Raras veces escucho los programas periodísticos de la mañana, por la simple razón de que soy animal nocturno y las mañanas las empiezo lento lejos del mundanal ruido. Por consiguiente, lo que me estaba contando me tomó de sorpresa. La capacidad de síntesis informativa y de análisis del hombre al volante lo convertía en colega honoris causa de Néber Araujo. Sin embargo, rápido vine a saber que quien había tomado la calle Paraguay rumbo al Palacio no solo era un secreto periodista motorizado, sino asimismo un DJ de educado gusto. En su coche de patronal solo se escuchaban buenas canciones, hasta que de pronto sonó una incluso mejor. Increíble, cosa de no creer. Le pedí que subiera el volumen. Entre la penumbra emocional de la mañana se oyó She Believes in Me. Para intentar cambiar el modo sombrío de ambos, y para no hablar ya más de los dólares que se necesitarían para salvar aquel Titanic donde íbamos a bordo con la orquesta todavía tocando, dije, como si nos conociéramos de toda la vida o de una anterior: “¡Qué buen cantante que es Kenny Rogers!” “Sí, buenísimo”, respondió”.

¿Por qué en dos momentos de crisis colectiva generalizada, la misma canción y el mismo cantante estuvieron presentes? No lo sé, jamás lo sabré. Pero la historia no termina ahí. En otro período de crisis a gran escala, esta vez más inédita, universal y poderosa, como el actual, Kenny Rogers vuelve a tener protagonismo en las radios, y en las emociones y sentimientos principales que definen a la condición humana, y la mejoran. Esta vez, porque ha tocado despedirlo. Cuando la realidad necesita más que nunca de su cancionero, para que la esperanza no deje de ilusionarse y darle al corazón buenas noticias, el irremplazable cantante nacido en Houston, Texas, ha dicho que lo perdonen, pero se tenía que ir.
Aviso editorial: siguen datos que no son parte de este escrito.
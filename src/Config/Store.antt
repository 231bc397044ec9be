-- ===== src/Config/Store.antt =====
-- The configuration file: `default_file_contents`, `write_to_path`, `save` and `load` of `Config` in
-- src/common/config.h, from the text of the file. The file system takes part by whether the file opens
-- for reading and by what comes of writing to it.
use sigaw.Prelude.{
  ℕ, ◌==◌, ◌++◌, Bool, true, false, List, [], ◌∷◌, Option, none, some, if◌then◌else◌, Bytes, lit,
}
use sigaw.Text.{to_string_int}
use sigaw.Config.Types.{FloatLib, Config}
use sigaw.Config.Apply.{load_for_executable}
use sigaw.Config.File.{parse_file}
use sigaw.Config.Save.{position_name, bool_name, entry_line, update_existing_file}

-- Lines as they are written, each with a line feed behind it.
unfoldable pub joined : List Bytes → Bytes
joined [] = []
joined (line ∷ lines) = line ++ (10 ∷ joined lines)

-- A byte in front of the first line.
unfoldable pub onto_first : ℕ → List Bytes → List Bytes
onto_first c [] = (c ∷ []) ∷ []
onto_first c (line ∷ lines) = (c ∷ line) ∷ lines

-- The lines that a loop over `std::getline` reads: a line feed ends a line, and so does the end of the file
-- behind a byte.
unfoldable pub getlines : Bytes → List Bytes
unfolding onto_first
getlines [] = []
getlines (c ∷ text) = let rest = getlines text in if c == 10 then [] ∷ rest else onto_first c rest

-- What comes of writing the file: it does not open, the stream fails and leaves another text, or all is
-- written.
pub data WriteResult : Type 0 where
  refused : WriteResult
  broken : Bytes → WriteResult
  written : WriteResult

-- The text of the file, if it exists.
pub record Disk : Type 0 where
  pub text : Option Bytes
  pub readable : Bool
  pub writes : WriteResult

-- The lines that `default_file_contents` appends.
unfoldable pub default_lines : (FL : FloatLib) → Config FL → List Bytes
unfolding entry_line position_name bool_name
default_lines FL c =
    lit "# Sigaw configuration"
    ∷ lit "# Discord voice overlay for Linux (Vulkan + OpenGL)"
    ∷ lit "#"
    ∷ lit "# Position: top-left, top-right, bottom-left, bottom-right"
    ∷ entry_line (lit "position") (position_name c.position)
    ∷ []
    ∷ lit "# Scale multiplier (1.0 = default)"
    ∷ entry_line (lit "scale") (FL.float_to_string c.scale)
    ∷ []
    ∷ lit "# Overlay opacity (0.0 = transparent, 1.0 = opaque)"
    ∷ entry_line (lit "opacity") (FL.float_to_string c.opacity)
    ∷ []
    ∷ lit "# Show user avatars"
    ∷ entry_line (lit "show_avatars") (bool_name c.show_avatars)
    ∷ []
    ∷ lit "# Show channel name at the top"
    ∷ entry_line (lit "show_channel_name") (bool_name c.show_channel)
    ∷ []
    ∷ lit "# Show the latest voice channel chat messages under the user list"
    ∷ entry_line (lit "show_voice_channel_chat") (bool_name c.show_voice_channel_chat)
    ∷ []
    ∷ lit "# Compact mode (small icons, no usernames)"
    ∷ entry_line (lit "compact") (bool_name c.compact)
    ∷ []
    ∷ lit "# Maximum users to display"
    ∷ entry_line (lit "max_visible_users") (to_string_int c.max_visible)
    ∷ []
    ∷ lit "# Maximum voice channel chat messages to display"
    ∷ entry_line (lit "max_visible_chat_messages") (to_string_int c.max_visible_chat_messages)
    ∷ []
    ∷ lit "# Persisted overlay visibility (managed by sigaw-ctl)"
    ∷ entry_line (lit "visible") (bool_name c.visible)
    ∷ []
    ∷ lit "# Discord application credentials"
    ∷ lit "# Sigaw ships with public default credentials."
    ∷ lit "# Replace these if you want to use your own Discord application."
    ∷ entry_line (lit "client_id") c.client_id
    ∷ entry_line (lit "client_secret") c.client_secret
    ∷ []
    ∷ lit "# Optional exact executable-basename profiles."
    ∷ lit "# Matching is case-sensitive and uses the hooked process basename."
    ∷ lit "# On Wine/Proton, Sigaw matches the Windows game executable basename."
    ∷ lit "#"
    ∷ lit "# [profile:vkcube]"
    ∷ lit "# position=bottom-left"
    ∷ lit "# compact=true"
    ∷ lit "# show_voice_channel_chat=true"
    ∷ []

unfoldable pub default_file_contents : (FL : FloatLib) → Config FL → Bytes
unfolding default_lines joined
default_file_contents FL c = joined (default_lines FL c)

-- The output stream with this text: whether it is good, and the file.
unfoldable pub write_text : WriteResult → Bytes → Disk → Bool × Disk
write_text refused text disk = (false, disk)
write_text (broken left) text disk = (false, record disk { text = some left })
write_text written text disk = (true, record disk { text = some text })

unfoldable pub write_to_path : (FL : FloatLib) → Config FL → Disk → Bool × Disk
unfolding write_text default_file_contents update_existing_file joined getlines
write_to_path FL c disk = elim disk.text as (λ _. Bool × Disk) [
  | none ↦ write_text disk.writes (default_file_contents FL c) disk
  | some text ↦
      if disk.readable
      then write_text disk.writes (joined (update_existing_file FL c (getlines text))) disk
      else (false, disk)
]

unfoldable pub save : (FL : FloatLib) → Config FL → Disk → Bool × Disk
unfolding write_to_path
save FL c disk = write_to_path FL c disk

-- The lines that `parse_file` reads: none of a file that is missing or does not open.
unfoldable pub readable_lines : Disk → List Bytes
unfolding getlines
readable_lines disk = elim disk.text as (λ _. List Bytes) [
  | none ↦ []
  | some text ↦ if disk.readable then getlines text else []
]

unfoldable pub load : (FL : FloatLib) → Disk → Config FL
unfolding readable_lines
load FL disk = load_for_executable FL (parse_file (readable_lines disk)) []
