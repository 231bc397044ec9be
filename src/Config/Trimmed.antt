-- ===== src/Config/Trimmed.antt =====
-- The line of an entry is read back as the entry, and a printed number as the number.
use sigaw.Prelude.{
  ℕ, ◌≡◌, refl, Bool, true, false, not, ◌&&◌, [], ◌∷◌, ◌++◌, none, some, arith, leb, Bytes,
  is_empty, All,
}
use sigaw.Config.Text.{
  trim_front, trim_back, trim_copy, split_at_equals, parse_key_value, is_bracketed, front,
  parse_section_header, first_section,
}
use sigaw.Config.Apply.{ParsedConfigFile}
use sigaw.Config.Save.{entry_line}
use sigaw.Config.File.{put, enter, is_skipped, parse_line}

-- No blanks at the ends.
pub record IsTrimmed (s : Bytes) : Type 0 where
  pub at_front : trim_front s ≡ s
  pub at_back : trim_back s ≡ s

pub trim_copy-IsTrimmed : (s : Bytes) → IsTrimmed s → trim_copy s ≡ s
unfolding trim_copy
trim_copy-IsTrimmed s h = rw (h.at_front, h.at_back) refl

-- The characters of keys.
abbrev pub IsKeyByte : ℕ → Type 0
IsKeyByte c = leb 95 c ≡ true

-- A key has neither blanks nor `=`.
pub record IsKey (key : Bytes) : Type 0 where
  pub bytes : All IsKeyByte key
  pub some_byte : is_empty key ≡ false

unfoldable pub all_key_bytes : Bytes → Bool
all_key_bytes [] = true
all_key_bytes (c ∷ s) = leb 95 c && all_key_bytes s

abbrev pub is_key : Bytes → Bool
is_key key = all_key_bytes key && not (is_empty key)

all_key_bytes-All : (key : Bytes) → all_key_bytes key ≡ true → All IsKeyByte key
unfolding all_key_bytes
all_key_bytes-All [] h = tt
all_key_bytes-All (c ∷ s) h = (ground (arith, h), all_key_bytes-All s (ground (arith, h)))

-- To check that a literal is a key.
pub is_key-IsKey : (key : Bytes) → is_key key ≡ true → IsKey key
is_key-IsKey key h = record {
  bytes = all_key_bytes-All key (ground (arith, h));
  some_byte = ground (arith, h);
}

trim_back-key :
    (key rest : Bytes)
    → All IsKeyByte key
    → trim_back rest ≡ rest
    → trim_back (key ++ rest) ≡ key ++ rest
unfolding trim_back
trim_back-key [] rest h e = e
trim_back-key (c ∷ key) rest h e = ground (arith, h.0, trim_back-key key rest h.1 e)

split_at_equals-key :
    (key rest : Bytes)
    → All IsKeyByte key
    → split_at_equals (key ++ (b'=' ∷ rest)) ≡ some (key, rest)
unfolding split_at_equals
split_at_equals-key [] rest h = refl
split_at_equals-key (c ∷ key) rest h = rw (split_at_equals-key key rest h.1) (ground (arith, h.0))

trim_back-equals : (s : Bytes) → trim_back s ≡ s → trim_back (b'=' ∷ s) ≡ b'=' ∷ s
unfolding trim_back
trim_back-equals s e = ground (arith, e)

-- The line of an entry: it has no blanks at its ends, begins no section, and is split at its `=`.
entry_line-IsTrimmed :
    (key value : Bytes) → IsKey key → IsTrimmed value → IsTrimmed (entry_line key value)
unfolding entry_line trim_front
entry_line-IsTrimmed [] value k v = absurd (cc (k.some_byte))
entry_line-IsTrimmed (c ∷ key) value k v = record {
  at_front = ground (arith, k.bytes.0);
  at_back = trim_back-key (c ∷ key) (b'=' ∷ value) k.bytes (trim_back-equals value v.at_back);
}

trim_back-key_alone : (key : Bytes) → All IsKeyByte key → trim_back key ≡ key
unfolding trim_back
trim_back-key_alone [] h = refl
trim_back-key_alone (c ∷ key) h = ground (arith, h.0, trim_back-key_alone key h.1)

key-IsTrimmed : (key : Bytes) → IsKey key → IsTrimmed key
unfolding trim_front
key-IsTrimmed [] k = absurd (cc (k.some_byte))
key-IsTrimmed (c ∷ key) k = record {
  at_front = ground (arith, k.bytes.0);
  at_back = trim_back-key_alone (c ∷ key) k.bytes;
}

entry_line-unbracketed :
    (key value : Bytes) → IsKey key → is_bracketed (entry_line key value) ≡ false
unfolding is_bracketed entry_line front
entry_line-unbracketed [] value k = absurd (cc (k.some_byte))
entry_line-unbracketed (c ∷ key) value k = ground (arith, k.bytes.0)

entry_line-kept : (key value : Bytes) → IsKey key → is_skipped (entry_line key value) ≡ false
unfolding is_skipped entry_line
entry_line-kept [] value k = absurd (cc (k.some_byte))
entry_line-kept (c ∷ key) value k = ground (arith, k.bytes.0)

parse_section_header-entry :
    (key value : Bytes)
    → IsKey key
    → IsTrimmed value
    → parse_section_header (entry_line key value) ≡ none
unfolding parse_section_header
parse_section_header-entry key value k v =
    rw
      (
        trim_copy-IsTrimmed (entry_line key value) (entry_line-IsTrimmed key value k v),
        entry_line-unbracketed key value k,
      )
      refl

parse_key_value-entry :
    (key value : Bytes)
    → IsKey key
    → IsTrimmed value
    → parse_key_value (entry_line key value) ≡ some (key, value)
unfolding parse_key_value entry_line
parse_key_value-entry key value k v =
    rw
      (
        parse_key_value,
        split_at_equals-key key value k.bytes,
        trim_copy-IsTrimmed key (key-IsTrimmed key k),
        k.some_byte,
        trim_copy-IsTrimmed value v,
      )
      refl

-- Outside of sections a line that an entry has enters it.
pub parse_line-entry :
    (key value : Bytes) (parsed : ParsedConfigFile)
    → IsKey key
    → IsTrimmed value
    → parse_line (entry_line key value) (first_section, parsed)
      ≡ (first_section, record parsed { global_entries = put key value parsed.global_entries })
unfolding parse_line enter first_section
parse_line-entry key value parsed k v =
    rw
      (
        trim_copy-IsTrimmed (entry_line key value) (entry_line-IsTrimmed key value k v),
        entry_line-kept key value k,
        parse_section_header-entry key value k v,
        trim_copy-IsTrimmed (entry_line key value) (entry_line-IsTrimmed key value k v),
        parse_key_value-entry key value k v,
      )
      refl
Luego de luchar largo y tendido contra los males de la vejez, que en su caso fueron terribles, Kenny Rogers falleció días atrás, a los 81 años de edad. 

El poderío de su presencia y su repertorio –sus canciones notables se cuentan por decenas– pudo constatarse en un dato significante, apabullante. En un momento de la historia, cuando un tema de salud universal ha hecho olvidar a todos los restantes, la noticia del fallecimiento de Rogers figuró entre las noticias más leídas de la semana, ganándose un lugar en portadas de diarios estadounidenses y europeos. La enfermedad que aterroriza tuvo competencia. Ese tributo informativo a escala global fue la forma inapelable de agradecerle a quien hizo posible, con su voz inconfundible y su música inmunizada contra el tiempo, que las penas de siempre no parezcan tan infinitas.